-- ===== src/Sidecar/Stops.antt =====
-- `POST /nodes/{id}/stop` for a preset node that is paused, and what `GET /nodes` then shows.
use raft_implementation.Prelude.{
  ℕ, ◌≡◌, ◌⊎◌, inl, inr, refl, sym, ◌∙◌, true, false, none, some, String, Bool, Option, List, [],
  ◌∷◌, arith, ap, map, string_eq, str_eq, subst, Bool-cases,
}
use raft_implementation.Sidecar.Registry.{
  NodeDef, RaftStatus, Sidecar, is_paused, find_registered, find_in,
}
use raft_implementation.Sidecar.Docker.{Environment}
use raft_implementation.Sidecar.Lifecycle.{stop_node}
use raft_implementation.Sidecar.Status.{
  NodeInfo, StatusByPort, node_info, info_of, asked, handle_nodes,
}
use raft_implementation.Sidecar.Handlers.{on_parts, node_reply, node_action}
use raft_implementation.Sidecar.Pauses.{stop_node-is_paused}

-- The list has an entry of that node, as running, in the cluster and paused.
abbrev pub ShowsPaused : NodeDef → List NodeInfo → Type 0
ShowsPaused node [] = ⊥
ShowsPaused node (i ∷ is) =
    ((i.node ≡ node) × (i.running ≡ true) × (i.in_cluster ≡ true) × (i.paused ≡ true))
    ⊎ ShowsPaused node is

node_info_paused :
    (n : NodeDef) (member : Bool) (st : Option RaftStatus)
    → let i = node_info n true member st in
      (i.node ≡ n) × (i.running ≡ true) × (i.in_cluster ≡ true) × (i.paused ≡ true)
node_info_paused n member none = (refl, refl, ground arith, refl)
node_info_paused n member (some st) = (refl, refl, ground arith, refl)

module _ {W : Type 0} (env : Environment W) where
  info_of_paused :
      (node : NodeDef) (s : Sidecar W) (m : StatusByPort)
      → is_paused node.id s ≡ true
      → let i = info_of env m s node in
        (i.node ≡ node) × (i.running ≡ true) × (i.in_cluster ≡ true) × (i.paused ≡ true)
  unfolding info_of
  info_of_paused node s m h = rw h (node_info_paused node _ _)

  -- Whichever node is found by its id is in the list of what is shown.
  found-ShowsPaused :
      (id : String) (node : NodeDef) (s : Sidecar W) (m : StatusByPort) (ns : List NodeDef)
      → is_paused node.id s ≡ true
      → find_in id ns ≡ some node
      → ShowsPaused node (map (info_of env m s) ns)
  unfolding find_in
  found-ShowsPaused id node s m [] h e = absurd (ground arith)
  found-ShowsPaused id node s m (n ∷ ns) h e = elim (Bool-cases (str_eq n.id id)) [
    | inl here ↦
        let e' = rw here at e in
        let same : n ≡ node = cc in
        inl (
          subst
            (λ k.
              let i = info_of env m s k in
              (i.node ≡ node) × (i.running ≡ true) × (i.in_cluster ≡ true) × (i.paused ≡ true))
            (sym same) (info_of_paused node s m h))
    | inr there ↦ inr (found-ShowsPaused id node s m ns h (rw there at e))
  ]

  stop_node-nodes :
      (node : NodeDef) (s : Sidecar W)
      → node.dynamic ≡ false
      → (stop_node env node s).0.nodes ≡ s.nodes
  unfolding stop_node
  stop_node-nodes node s preset = rw preset refl

  node_reply-state : (id : String) (x : Sidecar W × Option String) → (node_reply id x).0 ≡ x.0
  node_reply-state id (s, none) = refl
  node_reply-state id (s, some e) = refl

  -- The request stops the node that it names.
  on_parts_stop :
      (rounds : ℕ) (id : String) (node : NodeDef) (s : Sidecar W)
      → find_registered id s ≡ some node
      → (on_parts env rounds (id ∷ "stop" ∷ []) s).0 ≡ (stop_node env node s).0
  unfolding on_parts node_action
  on_parts_stop rounds id node s found =
      rw (found, on_parts) (node_reply-state node.id (stop_node env node s))

  shows_paused :
      (id : String) (node : NodeDef) (s : Sidecar W)
      → find_in id s.nodes ≡ some node
      → is_paused node.id s ≡ true
      → ShowsPaused node (handle_nodes env s).1
  unfolding handle_nodes
  shows_paused id node s found paused =
      found-ShowsPaused id node s (asked env s).1 s.nodes paused found

  -- After a stop request for a registered node that is not dynamic and is flagged as paused, the
  -- view of the nodes shows it as running, paused and in the cluster, whatever docker and the
  -- nodes answer.
  pub on_parts-ShowsPaused :
      (rounds : ℕ) (id : String) (node : NodeDef) (s : Sidecar W)
      → find_registered id s ≡ some node
      → node.dynamic ≡ false
      → is_paused node.id s ≡ true
      → ShowsPaused node (handle_nodes env (on_parts env rounds (id ∷ "stop" ∷ []) s).0).1
  on_parts-ShowsPaused rounds id node s found preset paused =
      let s₁ = (stop_node env node s).0 in
      subst (λ r. ShowsPaused node (handle_nodes env r).1)
        (sym (on_parts_stop rounds id node s found))
        (shows_paused id node s₁ (ap (find_in id) (stop_node-nodes node s preset) ∙ found)
          (stop_node-is_paused env node s node.id ∙ paused))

(Work order): Each record is to be repeated word for word, with none skipped.

(Output below):
-- ===== src/Sidecar/Stops.antt =====
-- `POST /nodes/{id}/stop` for a preset node that is paused, and what `GET /nodes` then shows.
use raft_implementation.Prelude.{
  ℕ, ◌≡◌, ◌⊎◌, inl, inr, refl, sym, ◌∙◌, true, false, none, some, String, Bool, Option, List, [],
  ◌∷◌, arith, ap, map, string_eq, str_eq, subst, Bool-cases,
}
use raft_implementation.Sidecar.Registry.{
  NodeDef, RaftStatus, Sidecar, is_paused, find_registered, find_in,
}
use raft_implementation.Sidecar.Docker.{Environment}
use raft_implementation.Sidecar.Lifecycle.{stop_node}
use raft_implementation.Sidecar.Status.{
  NodeInfo, StatusByPort, node_info, info_of, asked, handle_nodes,
}
use raft_implementation.Sidecar.Handlers.{on_parts, node_reply, node_action}
use raft_implementation.Sidecar.Pauses.{stop_node-is_paused}

-- The list has an entry of that node, as running, in the cluster and paused.
abbrev pub ShowsPaused : NodeDef → List NodeInfo → Type 0
ShowsPaused node [] = ⊥
ShowsPaused node (i ∷ is) =
    ((i.node ≡ node) × (i.running ≡ true) × (i.in_cluster ≡ true) × (i.paused ≡ true))
    ⊎ ShowsPaused node is

node_info_paused :
    (n : NodeDef) (member : Bool) (st : Option RaftStatus)
    → let i = node_info n true member st in
      (i.node ≡ n) × (i.running ≡ true) × (i.in_cluster ≡ true) × (i.paused ≡ true)
node_info_paused n member none = (refl, refl, ground arith, refl)
node_info_paused n member (some st) = (refl, refl, ground arith, refl)

module _ {W : Type 0} (env : Environment W) where
  info_of_paused :
      (node : NodeDef) (s : Sidecar W) (m : StatusByPort)
      → is_paused node.id s ≡ true
      → let i = info_of env m s node in
        (i.node ≡ node) × (i.running ≡ true) × (i.in_cluster ≡ true) × (i.paused ≡ true)
  unfolding info_of
  info_of_paused node s m h = rw h (node_info_paused node _ _)

  -- Whichever node is found by its id is in the list of what is shown.
  found-ShowsPaused :
      (id : String) (node : NodeDef) (s : Sidecar W) (m : StatusByPort) (ns : List NodeDef)
      → is_paused node.id s ≡ true
      → find_in id ns ≡ some node
      → ShowsPaused node (map (info_of env m s) ns)
  unfolding find_in
  found-ShowsPaused id node s m [] h e = absurd (ground arith)
  found-ShowsPaused id node s m (n ∷ ns) h e = elim (Bool-cases (str_eq n.id id)) [
    | inl here ↦
        let e' = rw here at e in
        let same : n ≡ node = cc in
        inl (
          subst
            (λ k.
              let i = info_of env m s k in
              (i.node ≡ node) × (i.running ≡ true) × (i.in_cluster ≡ true) × (i.paused ≡ true))
            (sym same) (info_of_paused node s m h))
    | inr there ↦ inr (found-ShowsPaused id node s m ns h (rw there at e))
  ]

  stop_node-nodes :
      (node : NodeDef) (s : Sidecar W)
      → node.dynamic ≡ false
      → (stop_node env node s).0.nodes ≡ s.nodes
  unfolding stop_node
  stop_node-nodes node s preset = rw preset refl

  node_reply-state : (id : String) (x : Sidecar W × Option String) → (node_reply id x).0 ≡ x.0
  node_reply-state id (s, none) = refl
  node_reply-state id (s, some e) = refl

  -- The request stops the node that it names.
  on_parts_stop :
      (rounds : ℕ) (id : String) (node : NodeDef) (s : Sidecar W)
      → find_registered id s ≡ some node
      → (on_parts env rounds (id ∷ "stop" ∷ []) s).0 ≡ (stop_node env node s).0
  unfolding on_parts node_action
  on_parts_stop rounds id node s found =
      rw (found, on_parts) (node_reply-state node.id (stop_node env node s))

  shows_paused :
      (id : String) (node : NodeDef) (s : Sidecar W)
      → find_in id s.nodes ≡ some node
      → is_paused node.id s ≡ true
      → ShowsPaused node (handle_nodes env s).1
  unfolding handle_nodes
  shows_paused id node s found paused =
      found-ShowsPaused id node s (asked env s).1 s.nodes paused found

  -- After a stop request for a registered node that is not dynamic and is flagged as paused, the
  -- view of the nodes shows it as running, paused and in the cluster, whatever docker and the
  -- nodes answer.
  pub on_parts-ShowsPaused :
      (rounds : ℕ) (id : String) (node : NodeDef) (s : Sidecar W)
      → find_registered id s ≡ some node
      → node.dynamic ≡ false
      → is_paused node.id s ≡ true
      → ShowsPaused node (handle_nodes env (on_parts env rounds (id ∷ "stop" ∷ []) s).0).1
  on_parts-ShowsPaused rounds id node s found preset paused =
      let s₁ = (stop_node env node s).0 in
      subst (λ r. ShowsPaused node (handle_nodes env r).1)
        (sym (on_parts_stop rounds id node s found))
        (shows_paused id node s₁ (ap (find_in id) (stop_node-nodes node s preset) ∙ found)
          (stop_node-is_paused env node s node.id ∙ paused))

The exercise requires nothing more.